**WORK INSTRUCTION:** Provide again, from the entries below, every line from the one containing "(s : List ℕ) → length s ≡ 2" through the one containing "u16_bytes-of (a ∷ b ∷ [])", exactly as written, and no other line.

**ENTRIES SUPPLIED:**

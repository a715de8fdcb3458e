-- ===== src/Prelude/Outcome.antt =====
-- The standard library's `Result<A, E>`, and functions on a `&mut` object that return one.
use mathlib.Core.Path.{◌≡◌, refl}

pub data Result {ℓ κ} (E : Type ℓ) (A : Type κ) : Type (ℓ ⊔ κ) where
  ok : A → Result E A
  err : E → Result E A

-- The result, and the object after the call.
abbrev pub Stateful : Type 0 → Type 0 → Type 0 → Type 0
Stateful S E A = S → Result E A × S

abbrev pub pure : {S E A : Type 0} → A → Stateful S E A
pure a s = (ok a, s)

abbrev pub fail : {S E A : Type 0} → E → Stateful S E A
fail e s = (err e, s)

abbrev pub continue : {S E A B : Type 0} → (A → Stateful S E B) → Result E A → S → Result E B × S
continue f (ok a) s = f a s
continue f (err e) s = (err e, s)

-- The `?` of a step and what follows it.
infixl 5 ◌>>=◌ ◌>>◌
abbrev pub ◌>>=◌ : {S E A B : Type 0} → Stateful S E A → (A → Stateful S E B) → Stateful S E B
◌>>=◌ d f s = continue f (d s).0 (d s).1

abbrev pub ◌>>◌ : {S E B : Type 0} → Stateful S E (Unit {0}) → Stateful S E B → Stateful S E B
◌>>◌ d f s = continue (λ _. f) (d s).0 (d s).1

-- Inversion of a step and what follows it, where both succeed.
pub >>=-eq-ok :
    {S E A B : Type 0} (d : Stateful S E A) (f : A → Stateful S E B) (s : S) {b : B}
    → ((d >>= f) s).0 ≡ ok b
    → (a : A) × ((d s).0 ≡ ok a) × ((d >>= f) s ≡ f a (d s).1)
>>=-eq-ok {S} {E} {A} {B} d f s {b} h = go (d s).0 refl h
  where
    go :
        (r : Result E A)
        → (d s).0 ≡ r
        → (continue f r (d s).1).0 ≡ ok b
        → (a : A) × ((d s).0 ≡ ok a) × ((d >>= f) s ≡ f a (d s).1)
    go (ok a) e k = (a, e, rw (e, continue))
    go (err x) e k = cc

abbrev pub Result_map_err : {E F A : Type 0} → (E → F) → Result E A → Result F A
Result_map_err f (ok a) = ok a
Result_map_err f (err e) = err (f e)

-- `Result::map_err` on what a step returns.
abbrev pub map_err : {S E F A : Type 0} → (E → F) → Stateful S E A → Stateful S F A
map_err f d s = (Result_map_err f (d s).0, (d s).1)

-- A result that is at hand, as a step.
abbrev pub lift : {S E A : Type 0} → Result E A → Stateful S E A
lift r s = (r, s)

pub map_err-eq-ok :
    {E F A : Type 0} (f : E → F) (r : Result E A) {a : A} → Result_map_err f r ≡ ok a → r ≡ ok a
map_err-eq-ok f (ok a) h = cc
map_err-eq-ok f (err e) h = cc

-- `Result::map`, `and_then` and `unwrap_or`
abbrev pub Result_map : {E A B : Type 0} → (A → B) → Result E A → Result E B
Result_map f (ok a) = ok (f a)
Result_map f (err e) = err e

abbrev pub and_then : {E A B : Type 0} → Result E A → (A → Result E B) → Result E B
and_then (ok a) f = f a
and_then (err e) f = err e

abbrev pub unwrap_or : {E A : Type 0} → A → Result E A → A
unwrap_or default (ok a) = a
unwrap_or default (err e) = default
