-- ===== src/Prelude/Bytes.antt =====
-- Bytes as numbers, and the standard library's `from_be_bytes` and `to_be_bytes`.
use Prim.Native.Nat.{ℕ, ◌+◌, ◌*◌, ◌/◌, ◌%◌, ◌<◌}
use mathlib.Core.Path.{◌≡◌, refl}
use mathlib.Core.List.{List, [], ◌∷◌, ◌++◌}
use native.Mathlib.Omega.{arith}
use postgread.Prelude.Lists.{length, get_or, All}

abbrev pub IsByte : ℕ → Type 0
IsByte b = b < 256

abbrev pub AllBytes : List ℕ → Type 0
AllBytes = All IsByte

-- No byte of a text is 0.
abbrev pub NoNull : List ℕ → Type 0
NoNull = All (λ b. 0 < b)

abbrev pub u8_of : List ℕ → ℕ
u8_of s = get_or s 0 0

-- `from_be_bytes` on two and on four bytes.
abbrev pub u16_of : List ℕ → ℕ
u16_of s = get_or s 0 0 * 256 + get_or s 1 0

abbrev pub u32_of : List ℕ → ℕ
u32_of s = ((get_or s 0 0 * 256 + get_or s 1 0) * 256 + get_or s 2 0) * 256 + get_or s 3 0

-- `to_be_bytes`.
unfoldable pub u8_bytes : ℕ → List ℕ
u8_bytes n = n ∷ []

unfoldable pub u16_bytes : ℕ → List ℕ
u16_bytes n = (n / 256) ∷ (n % 256) ∷ []

unfoldable pub u32_bytes : ℕ → List ℕ
u32_bytes n = (n / 16777216) ∷ (n / 65536 % 256) ∷ (n / 256 % 256) ∷ (n % 256) ∷ []

pub u16_of-bytes : (n : ℕ) → u16_of (u16_bytes n) ≡ n
unfolding u16_bytes
u16_of-bytes n = omega arith

pub u32_of-bytes : (n : ℕ) → u32_of (u32_bytes n) ≡ n
unfolding u32_bytes
u32_of-bytes n = omega arith

pub length-u8_bytes : (n : ℕ) → length (u8_bytes n) ≡ 1
unfolding u8_bytes
length-u8_bytes n = refl

pub length-u16_bytes : (n : ℕ) → length (u16_bytes n) ≡ 2
unfolding u16_bytes
length-u16_bytes n = refl

pub length-u32_bytes : (n : ℕ) → length (u32_bytes n) ≡ 4
unfolding u32_bytes
length-u32_bytes n = refl

pub u8_bytes-of :
    (s : List ℕ) → length s ≡ 1 → AllBytes s → (u8_of s < 256) × (s ≡ u8_bytes (u8_of s))
unfolding u8_bytes
u8_bytes-of [] e h = absurd (omega arith)
u8_bytes-of (a ∷ []) e h = (h.0, refl)
u8_bytes-of (a ∷ b ∷ s) e h = absurd (omega arith)

pub u16_bytes-of :
    (s : List ℕ) → length s ≡ 2 → AllBytes s → (u16_of s < 65536) × (s ≡ u16_bytes (u16_of s))
unfolding u16_bytes
u16_bytes-of [] e h = absurd (omega arith)
u16_bytes-of (a ∷ []) e h = absurd (omega arith)
u16_bytes-of (a ∷ b ∷ []) e h = (omega arith, ground arith)
u16_bytes-of (a ∷ b ∷ c ∷ s) e h = absurd (omega arith)

pub u32_bytes-of :
    (s : List ℕ) → length s ≡ 4 → AllBytes s → (u32_of s < 4294967296) × (s ≡ u32_bytes (u32_of s))
unfolding u32_bytes
u32_bytes-of [] e h = absurd (omega arith)
u32_bytes-of (a ∷ []) e h = absurd (omega arith)
u32_bytes-of (a ∷ b ∷ []) e h = absurd (omega arith)
u32_bytes-of (a ∷ b ∷ c ∷ []) e h = absurd (omega arith)
u32_bytes-of (a ∷ b ∷ c ∷ d ∷ []) e h = (omega arith, ground arith)
u32_bytes-of (a ∷ b ∷ c ∷ d ∷ x ∷ s) e h = absurd (omega arith)

-- The bytes of the items, one after the other.
unfoldable pub items_bytes : {A : Type 0} → (A → List ℕ) → List A → List ℕ
items_bytes item_bytes [] = []
items_bytes item_bytes (x ∷ xs) = item_bytes x ++ items_bytes item_bytes xs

**REPLY TO THE TASK:**
    (s : List ℕ) → length s ≡ 2 → AllBytes s → (u16_of s < 65536) × (s ≡ u16_bytes (u16_of s))
unfolding u16_bytes
u16_bytes-of [] e h = absurd (omega arith)
u16_bytes-of (a ∷ []) e h = absurd (omega arith)
u16_bytes-of (a ∷ b ∷ []) e h = (omega arith, ground arith)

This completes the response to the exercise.